Represented speech loses the remoteness
of indirect speech and approximates
direct speech, as it in a great measure retains the latter’s phrasing, syntactical structure and inner colloquial intonation. The peculiarities of represented speech are that the past tense is used instead of the present, the pronoun of the third person is used instead of the pronouns of the first and second persons.


There are two varieties of represented speech: a) uttered represented speech and b) unuttered or inner represented speech. Morphologically there is no difference between them. The syntactical pattern is somewhat different.


Uttered represented speech is employed in belles-lettre style and newspaper style.


Unuttered (inner) represented speech
renders the thoughts and feelings of the character he does not express aloud.


Lecture 8 - Phonetic Expressive Means (Stylistic Phonetics) 1 hour


We shall speak of such expressive phonetic means as means of intonation, euphony, rhythm and onomatopoeia (sound imitation). Phonetic expressive means do not exist separately in speech.


Intonation
is one of the most effective means of emotionally influencing the reader. It colours the whole statement and is an important means of creating emphasis of words and phrases. The influence of intonation is so far-reaching that it may bring about a change of the main logical meaning of the word.


Euphony
may be explained as a combination of pleasant sounds that do not jar the ear. But in its wide meaning euphony is understood as a combination of sounds the expressive effect of which corresponds to the general mood or emotional tone of the extract. This last clause requires some explanation. The different effect produced by different sounds of the person is not sufficiently proved by scientific method as yet. That is why some authors such as professor Galperin for instance denounce it as something idealistic based on the conception that separate sounds have a meaning of their own. Other authors – Кузнец, Скребнев speak of the emotional effect of sounds, and sound combinations. Probably there is something to be said in favour of this latter conception. Some authors speak of sound symbolism. Why not sound symbolism, we speak of colour symbolism – black-gloomy; red-gay, etc. As to sounds, [s] usually produces an unpleasant effect, [d] – a gloomy, dismal effect, [l] – warm, tender feelings, etc.

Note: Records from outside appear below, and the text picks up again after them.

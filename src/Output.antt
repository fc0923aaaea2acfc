-- ===== src/Output.antt =====
-- src/output: the writers of executable files.
pub mod File
pub mod ElfExec
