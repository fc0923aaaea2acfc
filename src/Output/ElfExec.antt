-- ===== src/Output/ElfExec.antt =====
-- include/lib/elf/exec.h and src/output/elf/exec.c: what an ELF executable or shared object is made of.
pub mod Image
pub mod Write
pub mod Lengths
pub mod Placed
pub mod Fields
pub mod Headers
pub mod Externs
pub mod Segments
pub mod Tables
use o.Prelude.{
  ℕ, ◌+◌, ◌%◌, ◌^◌, Bool, true, false, List, [], ◌∷◌, ◌++◌, Option, none, some, ltb, leb,
  if◌then◌else◌, length, take,
}
use o.Frontend.Types.{StrView, sv_eq}
use o.Backend.CodeBuf.{Bytes}

pub data ElfExecMode : Type 0 where
  static dynamic shared : ElfExecMode

-- `text` holds the first `text_size` bytes of `text_buf`, and the counts are the lengths of the lists.
-- `extern_got_off[i]` is `8 * i`. Nothing writes `data_buf`.
pub record ElfExecCtx : Type 0 where
  pub mode : ElfExecMode
  pub interp : Bytes
  pub text : Bytes
  pub needed_libs : List StrView
  pub extern_syms : List StrView
  pub exports : List (StrView × ℕ)
  pub load_vaddr : ℕ
  pub entry_text_off : ℕ

-- "/lib64/ld-linux-x86-64.so.2"
abbrev pub default_interp : Bytes
default_interp =
    47 ∷ 108 ∷ 105 ∷ 98 ∷ 54 ∷ 52 ∷ 47 ∷ 108 ∷ 100 ∷ 45 ∷ 108 ∷ 105 ∷ 110 ∷ 117 ∷ 120 ∷ 45 ∷ 120
    ∷ 56 ∷ 54 ∷ 45 ∷ 54 ∷ 52 ∷ 46 ∷ 115 ∷ 111 ∷ 46 ∷ 50 ∷ []

abbrev pub is_static : ElfExecMode → Bool
is_static static = true
is_static _ = false

abbrev pub is_shared : ElfExecMode → Bool
is_shared shared = true
is_shared _ = false

unfoldable pub elf_exec_new : ElfExecMode → ElfExecCtx
elf_exec_new mode = record {
  mode = mode;
  interp = default_interp;
  text = [];
  needed_libs = [];
  extern_syms = [];
  exports = [];
  load_vaddr = if is_static mode then 0x400000 else 0;
  entry_text_off = 0;
}

unfoldable pub elf_exec_add_needed : ElfExecCtx → StrView → ElfExecCtx
elf_exec_add_needed ctx lib =
    if ltb (length ctx.needed_libs) 32
    then record ctx { needed_libs = ctx.needed_libs ++ lib ∷ [] }
    else ctx

-- The place of the first symbol of the name, counted from `i`.
unfoldable pub find_extern : List StrView → StrView → ℕ → Option ℕ
find_extern [] sym i = none
find_extern (s ∷ ss) sym i = if sv_eq s sym then some i else find_extern ss sym (i + 1)

unfoldable pub declare_found : ElfExecCtx → StrView → Option ℕ → ℕ × ElfExecCtx
declare_found ctx sym (some i) = (i, ctx)
declare_found ctx sym none =
    if leb 256 (length ctx.extern_syms)
    then (0, ctx)
    else (length ctx.extern_syms, record ctx { extern_syms = ctx.extern_syms ++ sym ∷ [] })

-- The index of the symbol, which is 0 when the table is full.
unfoldable pub elf_exec_declare_extern : ElfExecCtx → StrView → ℕ × ElfExecCtx
elf_exec_declare_extern ctx sym = declare_found ctx sym (find_extern ctx.extern_syms sym 0)

unfoldable pub elf_exec_add_export : ElfExecCtx → StrView → ℕ → ElfExecCtx
elf_exec_add_export ctx name off =
    if ltb (length ctx.exports) 256
    then record ctx { exports = ctx.exports ++ (name, off) ∷ [] }
    else ctx

-- What `elf_exec_compile` reads of the context of the object compiler: the code, the functions with
-- their offsets, and the external names.
pub record AotOutput : Type 0 where
  pub text : Bytes
  pub funcs : List (StrView × ℕ)
  pub extern_names : List StrView

unfoldable pub add_exports : ElfExecCtx → List (StrView × ℕ) → ElfExecCtx
add_exports ctx [] = ctx
add_exports ctx ((name, off) ∷ rest) =
    add_exports (elf_exec_add_export ctx name (off % 2 ^ 32)) rest

unfoldable pub declare_externs : ElfExecCtx → List StrView → ElfExecCtx
declare_externs ctx [] = ctx
declare_externs ctx (s ∷ rest) = declare_externs (elf_exec_declare_extern ctx s).1 rest

-- "libc.so.6"
abbrev pub libc_name : StrView
libc_name = 108 ∷ 105 ∷ 98 ∷ 99 ∷ 46 ∷ 115 ∷ 111 ∷ 46 ∷ 54 ∷ []

-- The code is copied behind the code that is there, and the size becomes that of the new code.
unfoldable pub elf_exec_compile : Option AotOutput → ElfExecCtx → Option ElfExecCtx
elf_exec_compile none ctx = none
elf_exec_compile (some aot) ctx =
    let ctx1 = declare_externs (add_exports ctx aot.funcs) aot.extern_names in
    let ctx2 = if is_static ctx.mode then ctx1 else elf_exec_add_needed ctx1 libc_name in
    some (record ctx2 { text = take (length aot.text) (ctx.text ++ aot.text); entry_text_off = 0 })
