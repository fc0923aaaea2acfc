-- ===== src/Output/ElfExec/Externs.antt =====
-- src/output/elf/exec.c: the index that elf_exec_declare_extern gives a name.
use o.Prelude.{
  ℕ, suc, ◌+◌, ◌-◌, ◌<◌, ◌≤◌, ◌&&◌, ==_iff, ◌≡◌, refl, ◌∙◌, ap, Bool, true, false, List, [], ◌∷◌,
  ◌++◌, Option, none, some, leb, if◌then◌else◌, Bool-cases, inl, inr, length, arith, get_elem?,
}
use mathlib.Core.Path.{ap₂}
use mathlib.Core.Option.{some-injective}
use o.Frontend.Types.{StrView, sv_eq}
use o.Frontend.ScopeMap.{sv_eq_sound}
use o.Output.ElfExec.{ElfExecCtx, find_extern, declare_found, elf_exec_declare_extern}

-- The search gives the place of the name.
find_extern-found :
    (ss : List StrView) (name : StrView) (i k : ℕ)
    → find_extern ss name i ≡ some k
    → (i ≤ k) × (get_elem? ss (k - i) ≡ some name)
unfolding find_extern
find_extern-found [] name i k h = ground arith
find_extern-found (s ∷ ss) name i k h = elim (Bool-cases (sv_eq s name)) [
  | inl e ↦ here e (some-injective i k (rw e at h))
  | inr e ↦ later (find_extern-found ss name (i + 1) k (rw e at h))
]
  where
    here : sv_eq s name ≡ true → i ≡ k → (i ≤ k) × (get_elem? (s ∷ ss) (k - i) ≡ some name)
    here e q = (omega arith, ap (get_elem? (s ∷ ss)) (first q) ∙ ap some (sv_eq_sound s name e))
      where
        first : i ≡ k → k - i ≡ 0
        first q = omega arith

    later :
        (i + 1 ≤ k) × (get_elem? ss (k - (i + 1)) ≡ some name)
        → (i ≤ k) × (get_elem? (s ∷ ss) (k - i) ≡ some name)
    later (le, found) = (omega arith, ap (get_elem? (s ∷ ss)) next ∙ found)
      where
        next : k - i ≡ suc (k - (i + 1))
        next = omega arith

sv_eq-same : (s : StrView) → sv_eq s s ≡ true
unfolding sv_eq
sv_eq-same [] = refl
sv_eq-same (c ∷ cs) = ap₂ ◌&&◌ ((==_iff c c).1 refl) (sv_eq-same cs)

-- A name that is not there is found where it is put.
find_extern-pushed :
    (ss : List StrView) (name : StrView) (i : ℕ)
    → find_extern ss name i ≡ none
    → find_extern (ss ++ name ∷ []) name i ≡ some (i + length ss)
unfolding find_extern
find_extern-pushed [] name i h = rw (sv_eq-same name) (ap some (omega arith))
find_extern-pushed (s ∷ ss) name i h = elim (Bool-cases (sv_eq s name)) [
  | inl e ↦ none_some (rw e at h)
  | inr e ↦ rw e (find_extern-pushed ss name (i + 1) (rw e at h) ∙ ap some (omega arith))
]
  where
    none_some :
        some i ≡ none → find_extern (s ∷ (ss ++ name ∷ [])) name i ≡ some (i + suc (length ss))
    none_some q = ground arith

get_elem?-pushed : (ss : List StrView) (s : StrView) → get_elem? (ss ++ s ∷ []) (length ss) ≡ some s
get_elem?-pushed [] s = refl
get_elem?-pushed (x ∷ ss) s = get_elem?-pushed ss s

abbrev pushed : ElfExecCtx → StrView → ElfExecCtx
pushed ctx name = record ctx { extern_syms = ctx.extern_syms ++ name ∷ [] }

module _ (ctx : ElfExecCtx) (name : StrView) where
  declared-found :
      (i : ℕ)
      → find_extern ctx.extern_syms name 0 ≡ some i
      → elf_exec_declare_extern ctx name ≡ (i, ctx)
  unfolding elf_exec_declare_extern declare_found
  declared-found i e = ap (declare_found ctx name) e

  declared-pushed :
      find_extern ctx.extern_syms name 0 ≡ none
      → length ctx.extern_syms < 256
      → elf_exec_declare_extern ctx name ≡ (length ctx.extern_syms, pushed ctx name)
  unfolding elf_exec_declare_extern declare_found
  declared-pushed e h =
      ap (declare_found ctx name) e
      ∙ ap (λ (b : Bool). if b then (0, ctx) else (length ctx.extern_syms, pushed ctx name))
          (room (leb 256 (length ctx.extern_syms)) refl)
    where
      room :
          (b : Bool)
          → leb 256 (length ctx.extern_syms) ≡ b
          → leb 256 (length ctx.extern_syms) ≡ false
      room b q = ground arith

-- The call gives the place of the name, and a second call the same.
unfoldable pub Declared : ElfExecCtx → StrView → ℕ × ElfExecCtx → Type 0
Declared ctx name (i, after) =
    (get_elem? after.extern_syms i ≡ some name) × (elf_exec_declare_extern after name ≡ (i, after))

-- While fewer than 256 names are taken, the name stands at the index that is given, and a second call
-- gives that index again and changes nothing.
pub elf_exec_declare_extern_lem :
    (ctx : ElfExecCtx) (name : StrView)
    → length ctx.extern_syms < 256
    → Declared ctx name (elf_exec_declare_extern ctx name)
unfolding Declared
elf_exec_declare_extern_lem ctx name h = cases (find_extern ctx.extern_syms name 0) refl
  where
    from_zero : (i : ℕ) → i ≡ i - 0
    from_zero i = omega arith

    cases :
        (o : Option ℕ)
        → find_extern ctx.extern_syms name 0 ≡ o
        → Declared ctx name (elf_exec_declare_extern ctx name)
    cases (some i) q = rw (declared-found ctx name i q) (
      ap (get_elem? ctx.extern_syms) (from_zero i)
          ∙ (find_extern-found ctx.extern_syms name 0 i q).1,
      declared-found ctx name i q,
    )
    cases none q = rw (declared-pushed ctx name q h) (
      get_elem?-pushed ctx.extern_syms name,
      declared-found (pushed ctx name) name (length ctx.extern_syms)
          (find_extern-pushed ctx.extern_syms name 0 q ∙ ap some (omega arith)),
    )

There are some rules of euphony which must not be violated and the most important one is that there must be no rhyme in prose. It produces a ludicrous effect.


e.g. The speaker discussed the source of the force of international law.


Sound Imitation, or Onomatopoeia
refers to the use of words or combinations of words that imitate some natural sounds. Onomatopeia may be direct and indirect. Direct onomatopoeia is a source of word-building. It is a naming of an action or thing by a more or less exact reproduction of the sound associated with it. They are echoes of natural sounds. Many verbs denote sounds produced by human beings in the process of communication or in expressing their feelings: “babble”, “chatter”, giggle”, “grunt”, “grumble”, “titter”, “whine”, “whisper” and many others. Then there are sounds produced by animals, birds and insects: buzz, cackle, croak, crow, hiss, honk, howl, moo, purr, roar a.o. There are also verbs imitating the sound of water such as bubble, splash and others imitating the noise of metallic things click, tinkle, and many others.


Alliteration
is a deliberate use of similar sounds in close succession achieving a definite stylistic effect. It adds emotional colouring to the utterance suggesting the attitude of the writer to what he is describing. It is a peculiar musical accompaniment of the main idea of the utterance.


Rhythm
– a metrical movement determined by various relations of long and short or accented and unaccented syllables; it is a measured flow of words and phrases in verse or prose. We shall deal with rhythm in prose. Rhythm in prose has a different quality than that in verse, but that it exists is undeniable. There is a certain rhythmical arrangement in sentences with homogeneous members (i.e. with enumeration), esp. when coupled with polysyndeton.